そんなことしなくたって、お互いが相手を好きだったら“両想い”になれるのだ。
お互いの個性を大きな声で、自分たちを知らない人に伝えて。
それを本人がアピールしているときには、最大の笑顔と拍手で応援して。
ときには、その個性からのアドバイスをもらって仕事に活かして。
だけど、絶対に無理に合わせたりしない。
自分らしくいることも決して忘れない。
そんな関係性。
…………そんな夢みたいなことがあるのか?
…………そんなウソみたいな話があるのか?
「あるよー♪」×9
それを彼らは現実で見せつけてくれる。
なかなか私たちが実現できずに苦しんでいることを、やってのけている。
もちろん、そうなるまでに、それぞれが苦しんで悩んだ面もあっただろう。
だからこそ、今、そういう関係性なのかもしれない。
だから目が離せない。
だから私たちはSnow Manのファンになってしまう。
まるでおとぎ話みたいにありえないと思っていたStoriesを、彼らは繰り広げてくれる。

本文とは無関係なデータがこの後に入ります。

-- ===== src/Lifecycle/Approval.antt =====
-- What an approval has checked when it returns (services/maint/appove_maint.go).
use maintmode.Base.{
  ◌∙◌, ℕ, String, ◌≡◌, refl, sym, ap, subst, true, false, not, ◌&&◌, List, str_eq, ◌==◌,
}
use maintmode.World.Errors.{
  Result, ok, conflicts_changed_since_preview, forbidden_maint_status_transition, approver_mismatch,
  maint_changed_since_preview,
}
use maintmode.World.Tables.{Db, World}
use maintmode.World.Effect.{query, throw_if}
use maintmode.World.Effect.Invert.{throw_if_ok, Answered, Answered-db, bind_ok, guard_ok, read_ok}
use maintmode.Lifecycle.Moves.{not-false, Moved, moved-Step}
use maintmode.World.Tx.{tx}
use maintmode.World.Respects.{Respects}
use maintmode.Entity.Maint.{Maintenance, planned, can_maint_transition, revision}
use maintmode.Entity.User.{User, is_active_admin}
use maintmode.Entity.Conflict.{ConflictWithResources, ConflictsSnapshot}
use maintmode.Entity.Commands.{ApproveMaintenanceCmd}
use maintmode.Conflict.Fingerprint.{conflict_fingerprint_for}
use maintmode.Conflict.Service.{get_conflicts, save_snapshot}
use maintmode.Reminders.{schedule}
use maintmode.Lifecycle.Frames.{Same-check_conflicts}
use maintmode.Store.Children.{linked_resources, get_maint_resources}
use maintmode.Lifecycle.Transitions.{IsLifecycle, SameRows}
use maintmode.Lifecycle.Rows.{keep_bind, keep_guard, keep_query, keep_save_snapshot}
use maintmode.Lifecycle.Services.{keep_get_conflicts, keep_schedule}
use maintmode.Lifecycle.Approve.{
  approve_apply, load_resources, check_conflicts, conflict_query, int_eq,
}

-- `maint` with the resources that the tables hold for it.
abbrev loaded_from : Db → Maintenance → Maintenance
loaded_from db maint = record maint { resources = linked_resources maint.id db }

module _ (sha256_hex : List ℕ → String) (cmd : ApproveMaintenanceCmd) (actor : User) where
  -- The conflicts of now have the fingerprint of those that the approver was shown.
  pub record Unchanged (maint : Maintenance) (db : Db) : Type 0 where
    pub asked : World
    pub answered : World
    pub live : List ConflictWithResources
    pub same_db : asked.db ≡ db
    pub read : get_conflicts (conflict_query (loaded_from db maint)) asked ≡ (ok live, answered)
    pub same_fingerprint :
        str_eq
          (conflict_fingerprint_for sha256_hex cmd.conflict_snapshot.conflicts
            (linked_resources maint.id db))
          (conflict_fingerprint_for sha256_hex live (linked_resources maint.id db))
        ≡ true

  pub record Granted (maint : Maintenance) (w : World) (r : Result Maintenance × World)
      : Type 0 where
    pub allowed : can_maint_transition maint.status planned ≡ true
    pub approver :
        (not (maint.approver_user_id == cmd.actor_user_id) && not (is_active_admin actor)) ≡ false
    pub same_revision : int_eq (revision maint) cmd.observed_maint_revision ≡ true
    pub unchanged : Unchanged maint w.db
    pub before_save : World
    pub saved : World
    pub scheduled : World
    pub asked_db : before_save.db ≡ w.db
    pub snapshot_kept :
        save_snapshot cmd.maint_id cmd.conflict_snapshot before_save ≡ (ok tt, saved)
    pub reminders_set : schedule cmd.maint_id saved ≡ (ok tt, scheduled)
    pub last_world : r.1 ≡ scheduled
    pub result : Moved planned maint r

  load_resources_ok :
      (maint : Maintenance) (w : World) {m : Maintenance} {v : World}
      → load_resources maint w ≡ (ok m, v)
      → (m ≡ loaded_from w.db maint) × Answered w v
  unfolding load_resources get_maint_resources
  load_resources_ok maint w {m} {v} h =
      let (u, done, last) = read_ok (linked_resources maint.id) w _ h in
      (sym (cc last), subst (Answered w) (ap (λ r. r.1) last) done)

  check_conflicts_ok :
      (maint loaded : Maintenance) (db : Db) (w v : World)
      → loaded ≡ loaded_from db maint
      → w.db ≡ db
      → check_conflicts sha256_hex loaded cmd.conflict_snapshot w ≡ (ok tt, v)
      → Unchanged maint db
  unfolding check_conflicts
  check_conflicts_ok maint loaded db w v is_loaded at_db checked =
      let h = rw is_loaded at checked in
      let ids = linked_resources maint.id db in
      let (live, u, asked, rest) =
        bind_ok (get_conflicts (conflict_query (loaded_from db maint)) w) _ h in
      let (same, _) =
        throw_if_ok
          (not (
            str_eq (conflict_fingerprint_for sha256_hex cmd.conflict_snapshot.conflicts ids)
              (conflict_fingerprint_for sha256_hex live ids)))
          conflicts_changed_since_preview rest in
      record {
        asked = w;
        answered = u;
        live = live;
        same_db = at_db;
        read = asked;
        same_fingerprint = not-false _ same;
      }

  pub approve_Granted :
      (m : Maintenance) (w : World) {m' : Maintenance} {v : World}
      → approve_apply sha256_hex cmd actor tx m w ≡ (ok m', v)
      → Granted m w (ok m', v)
  unfolding approve_apply
  approve_Granted m w h =
      let (allowed, h₁) =
        guard_ok (not (can_maint_transition m.status planned))
          (forbidden_maint_status_transition m.status planned) w _ h in
      let (approver, h₂) =
        guard_ok (not (m.approver_user_id == cmd.actor_user_id) && not (is_active_admin actor))
          approver_mismatch w _ h₁ in
      let (same, h₃) =
        guard_ok (not (int_eq (revision m) cmd.observed_maint_revision)) maint_changed_since_preview
          w _ h₂ in
      let (loaded, w₁, read, h₄) = bind_ok (load_resources m w) _ h₃ in
      let (is_loaded, done) = load_resources_ok m w read in
      let (_, w₂, checked, h₅) =
        bind_ok (check_conflicts sha256_hex loaded cmd.conflict_snapshot w₁) _ h₄ in
      let (_, w₃, kept, h₆) = bind_ok (save_snapshot cmd.maint_id cmd.conflict_snapshot w₂) _ h₅ in
      let (_, w₄, set, last) = bind_ok (schedule cmd.maint_id w₃) _ h₆ in
      subst (Granted m w) last (record {
        allowed = not-false _ allowed;
        approver = approver;
        same_revision = not-false _ same;
        unchanged = check_conflicts_ok m loaded w.db w₁ w₂ is_loaded (Answered-db done) checked;
        before_save = w₂;
        saved = w₃;
        scheduled = w₄;
        asked_db =
            ap (λ r. r.1.db) (sym checked)
            ∙ sym (Same-check_conflicts sha256_hex loaded cmd.conflict_snapshot w₁)
            ∙ Answered-db done;
        snapshot_kept = kept;
        reminders_set = set;
        last_world = refl;
        result = (ap (λ x. x.id) is_loaded, refl);
      })

  keep_load_resources : (m : Maintenance) → Respects SameRows (load_resources m)
  unfolding load_resources get_maint_resources
  keep_load_resources m =
      keep_bind (query (linked_resources m.id)) _ (keep_query (linked_resources m.id)) λ _ w. refl

  keep_check_conflicts :
      (m : Maintenance) (snapshot : ConflictsSnapshot)
      → Respects SameRows (check_conflicts sha256_hex m snapshot)
  unfolding check_conflicts
  keep_check_conflicts m snapshot =
      keep_bind (get_conflicts (conflict_query m)) _ (keep_get_conflicts (conflict_query m)) λ live.
        keep_guard
          (not (
            str_eq (conflict_fingerprint_for sha256_hex snapshot.conflicts m.resources)
              (conflict_fingerprint_for sha256_hex live m.resources)))
          conflicts_changed_since_preview

  keep_guards : (m : Maintenance) → Respects SameRows (approve_apply sha256_hex cmd actor tx m)
  unfolding approve_apply
  keep_guards m =
      keep_bind
        (throw_if (not (can_maint_transition m.status planned))
          (forbidden_maint_status_transition m.status planned))
        _
        (keep_guard (not (can_maint_transition m.status planned))
          (forbidden_maint_status_transition m.status planned))
        λ _.
          keep_bind
            (throw_if (not (m.approver_user_id == cmd.actor_user_id) && not (is_active_admin actor))
              approver_mismatch)
            _
            (keep_guard
              (not (m.approver_user_id == cmd.actor_user_id) && not (is_active_admin actor))
              approver_mismatch)
            λ _.
              keep_bind
                (throw_if (not (int_eq (revision m) cmd.observed_maint_revision))
                  maint_changed_since_preview)
                _
                (keep_guard (not (int_eq (revision m) cmd.observed_maint_revision))
                  maint_changed_since_preview)
                λ _. keep_bind (load_resources m) _ (keep_load_resources m) λ loaded.
                  keep_bind (check_conflicts sha256_hex loaded cmd.conflict_snapshot) _
                    (keep_check_conflicts loaded cmd.conflict_snapshot)
                    λ _.
                      keep_bind (save_snapshot cmd.maint_id cmd.conflict_snapshot) _
                        (keep_save_snapshot cmd.maint_id cmd.conflict_snapshot)
                        λ _.
                          keep_bind (schedule cmd.maint_id) _ (keep_schedule cmd.maint_id)
                            λ _ w. refl

  pub approve-IsLifecycle : IsLifecycle (approve_apply sha256_hex cmd actor)
  approve-IsLifecycle = record {
    keeps_rows = keep_guards;
    steps = λ m w {m'} h.
        (let granted = approve_Granted m w h in
          moved-Step planned m m' granted.allowed granted.result);
  }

だから、私たちは夢中になって彼らを見たり聞いたり読んだりしてしまうのだ。
そして突きつけられる。
「こんな個性だらけのオレたちを好きになってくれるんだから、あなただって身近な人と“共通点ゼロの両想い”になれるよ」
って。
「本当?」
「信じられない」
そう答える私たちに、彼らはさらに自分たちだけが使える最高の呪文を唱えてみせて、「できるよ」と言ってくる。
その呪文はとてつもなく短くて。
だけど、とてつもなく強力だ。
それを唱えているところを見せられると、私たちは勇気や安心や希望を与えられて、Snow Manを信じるしかなくなってしまう。
“共通点0の両想い”が存在すると認めざるえなくなってしまう。
その呪文を全員が心から口にするからだ。